‘The Power of the Dog’: An Identity Crisis in the American Frontier

This unconventional western on the destructive impacts of societal gender roles and stereotypes is already receiving Oscar buzz



“The Power of the Dog” is a leading candidate for Oscars such as Best Picture.


The months of November and December annually mark the peak in the quality of film releases as major studios release their Oscar hopefuls. With so many new films released in the last couple of weeks, it can be difficult to pick one to watch from the bunch. Make no mistake, “The Power of the Dog,” released on Netflix on Dec. 1, is a must-watch for anyone who watches the Oscars as it will dominate in total Oscar nominations and is sure to come up in awards conversations. 

The film takes place in 1920s Montana as Phil Burbank (Benedict Cumberbatch) struggles to deal with societal views of masculinity, class and love once his brother George (Jesse Plemons) marries and brings his newlywed wife, Rose Gordon (Kirsten Dunst) to the Burbank cattle ranch. 

Phil, a macho and antagonizing individual, strikes up an unlikely relationship with Rose’s delicate and sensitive son, Peter Gordon (Kodi Smit-McPhee). What ensues is a tense and precisely crafted story that needs repeat viewings to pick up on all the symbolism and hidden meanings. 

With her nuanced and layered direction in “The Power of the Dog,” Jane Campion is primed to be nominated for another directing Oscar.

This is director Jane Campion’s first time in the directing chair in over 12 years. Campion has pushed the boundaries for women in the film industry ever since she was nominated for Best Director at the 1994 Academy Awards for “The Piano.” She is one of only seven female directors to be nominated for the Best Director award at the Oscars. With her nuanced and layered direction in “The Power of the Dog,” she is primed to be nominated for another directing Oscar, making her the first female to be nominated for two Best Director Oscars. 

In a surprising twist, this western focuses primarily on the relationships of the characters instead of the action, making the film more meaningful and, ironically, more intense than if it relied on western staples like violence and fights. The combination of the costumes and film score blend together to bring the pressure each character feels to live up to socially constructed gender personalities and roles.

The costumes provide insight to the characters, often reflecting their insecurities. From the very first shot of Phil, the story’s central figure, he drips of masculinity with his greased back hair, spurs, fur pants and overalls. He has a grittiness and impenetrability to him that makes him domineer and cower over others, radiating the harshness that was associated with men during that time period. 

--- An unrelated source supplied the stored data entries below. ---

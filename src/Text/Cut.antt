-- ===== src/Text/Cut.antt =====
-- Comparing texts, and cutting one at the first separator.
use fq_client_go.Common.{
  ℕ, suc, true, false, ◌≢◌, none, some, [], ◌∷◌, ◌++◌, ◌≡◌, ◌↔◌, refl, arith, Bytes, subst, zero,
  Option-cases, Bool-cases, ◌==◌, take, drop, length, Lacks, take-append, drop-append-suc, inl, inr,
}
use fq_client_go.Text.{bytes_eq, index_byte, split_n2}

pub bytes_eq-≡ : (s t : Bytes) → bytes_eq s t ≡ true → s ≡ t
unfolding bytes_eq
bytes_eq-≡ [] [] h = refl
bytes_eq-≡ [] (d ∷ t) h = grind arith
bytes_eq-≡ (c ∷ s) [] h = grind arith
bytes_eq-≡ (c ∷ s) (d ∷ t) h = elim (Bool-cases (c == d)) [
  | inl e ↦
      let same : c ≡ d = ground arith in
      let rest : s ≡ t = bytes_eq-≡ s t (rw e at h) in λ i. same i ∷ rest i
  | inr e ↦ absurd (let x : false ≡ true = rw e at h in cc)
]

pub bytes_eq_refl : (s : Bytes) → bytes_eq s s ≡ true
unfolding bytes_eq
bytes_eq_refl [] = refl
bytes_eq_refl (c ∷ s) = ground (arith, bytes_eq_refl s)

pub bytes_eq-eq : (s t : Bytes) → bytes_eq s t ≡ true → s ≡ t
unfolding bytes_eq
bytes_eq-eq [] [] h = refl
bytes_eq-eq [] (d ∷ t) h = cc
bytes_eq-eq (c ∷ s) [] h = cc
bytes_eq-eq (c ∷ s) (d ∷ t) h = ground (arith, bytes_eq-eq s t)

pub bytes_eq_iff : (s t : Bytes) → (bytes_eq s t ≡ true) ↔ (s ≡ t)
bytes_eq_iff s t = (bytes_eq-eq s t, λ e. subst (λ u. bytes_eq s u ≡ true) e (bytes_eq_refl s))

pub bytes_eq-ne : (s t : Bytes) → bytes_eq s t ≡ false → s ≢ t
bytes_eq-ne s t n q = let h = (bytes_eq_iff s t).1 q in cc

module _ (sep : ℕ) where
  pub index_byte-append :
      (p r : Bytes) → Lacks sep p → index_byte (p ++ sep ∷ r) sep ≡ some (length p)
  unfolding index_byte
  index_byte-append [] r h = ground arith
  index_byte-append (c ∷ p) r h = ground (arith, index_byte-append p r h.1)

  pub index_byte-Lacks : (s : Bytes) → Lacks sep s → index_byte s sep ≡ none
  unfolding index_byte
  index_byte-Lacks [] h = refl
  index_byte-Lacks (c ∷ s) h = ground (arith, index_byte-Lacks s h.1)

  pub index_byte-none : (s : Bytes) → index_byte s sep ≡ none → Lacks sep s
  unfolding index_byte
  index_byte-none [] h = tt
  index_byte-none (c ∷ s) h = ground (arith, index_byte-none s)

  -- What stands before the first separator, and behind it.
  pub index_byte-some :
      (s : Bytes) (i : ℕ)
      → index_byte s sep ≡ some i
      → (s ≡ take i s ++ sep ∷ drop (suc i) s) × Lacks sep (take i s)
  unfolding index_byte
  index_byte-some [] i h = cc
  index_byte-some (c ∷ s) zero h = elim (Option-cases (index_byte s sep)) [
    | inl e ↦ ground arith
    | inr (i, e) ↦ ground arith
  ]
  index_byte-some (c ∷ s) (suc i) h = elim (Option-cases (index_byte s sep)) [
    | inl e ↦ ground arith
    | inr (j, e) ↦ ground (arith, index_byte-some s j)
  ]

  -- The three parts of a text at its first separator decide the text.
  pub index_byte-cut :
      (s : Bytes) (i : ℕ) → index_byte s sep ≡ some i → s ≡ take i s ++ sep ∷ drop (suc i) s
  index_byte-cut s i h = (index_byte-some s i h).0

pub split_n2-append :
    (sep : ℕ) (p r : Bytes) → Lacks sep p → split_n2 (p ++ sep ∷ r) sep ≡ p ∷ r ∷ []
unfolding split_n2
split_n2-append sep p r h =
    rw (index_byte-append sep p r h, split_n2, take-append p (sep ∷ r), drop-append-suc p sep r)

pub split_n2-Lacks : (sep : ℕ) (s : Bytes) → Lacks sep s → split_n2 s sep ≡ s ∷ []
unfolding split_n2
split_n2-Lacks sep s h = rw (index_byte-Lacks sep s h, split_n2)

Phil’s appearance is in stark contrast to his brother George who wears suits, bowties and top hats, representing his professionalism and intelligence. Peter, who strikes up an unexpected bond with Phil, represents everything that Phil isn’t: feminine, sensitive and physically weak, coming off as harmless and innocent. This is heightened by the sun hats and loose, short clothing he wears. The costume design choices put preconceived notions in the minds of the audience about who these characters are and what they are capable of. To avoid ruining the ending act, I will leave you with this: looks can be deceiving. 

Adding to the tension is a haunting but beautiful score by Jonny Greenwood, composed solely of string instruments and a piano. Subtle changes in the keys and tempo create an unnerving ambience, amplifying how characters like Phil and Rose are struggling with their identities.   

Look for “The Power of the Dog” to be in the spotlight during the Oscars season, as it is one of the leading candidates for Best Picture because of its critiques on what power, strength and masculinity look like. Categories like Best Adapted Screenplay and Best Original Score are also surefire bets, and don’t be surprised to see the film earn several acting nominations. 

“The Power of the Dog” is a reminder to stay true to yourself.

Cumberbatch is a front runner for Best Actor for his dark and tragic portrayal of Phil Burbank. Any scene with him is a treat, as he fully embraced his role as a villain, which is very different from the roles that viewers are used to seeing him play like Doctor Strange in the Marvel Cinematic Universe. 

Smit-McPhee is on track to earn his first Oscar nomination for Best Supporting Actor for his role as Peter. His mannerisms and tone illuminate Peter’s sensitivity and uneasiness toward the society of macho men he is becoming a part of. Finally, Dunst is one of the leading candidates for Best Supporting Actress for her portrayal of Rose Gordon. Through Dunst’s facial expressions and line delivery, Rose’s spiral into a descent of madness and alcoholism is mentally draining to watch. 

Ultimately, “The Power of the Dog” is a reminder to stay true to yourself. Your identity is your own, not a social construct. Embrace it and choose who you want to be.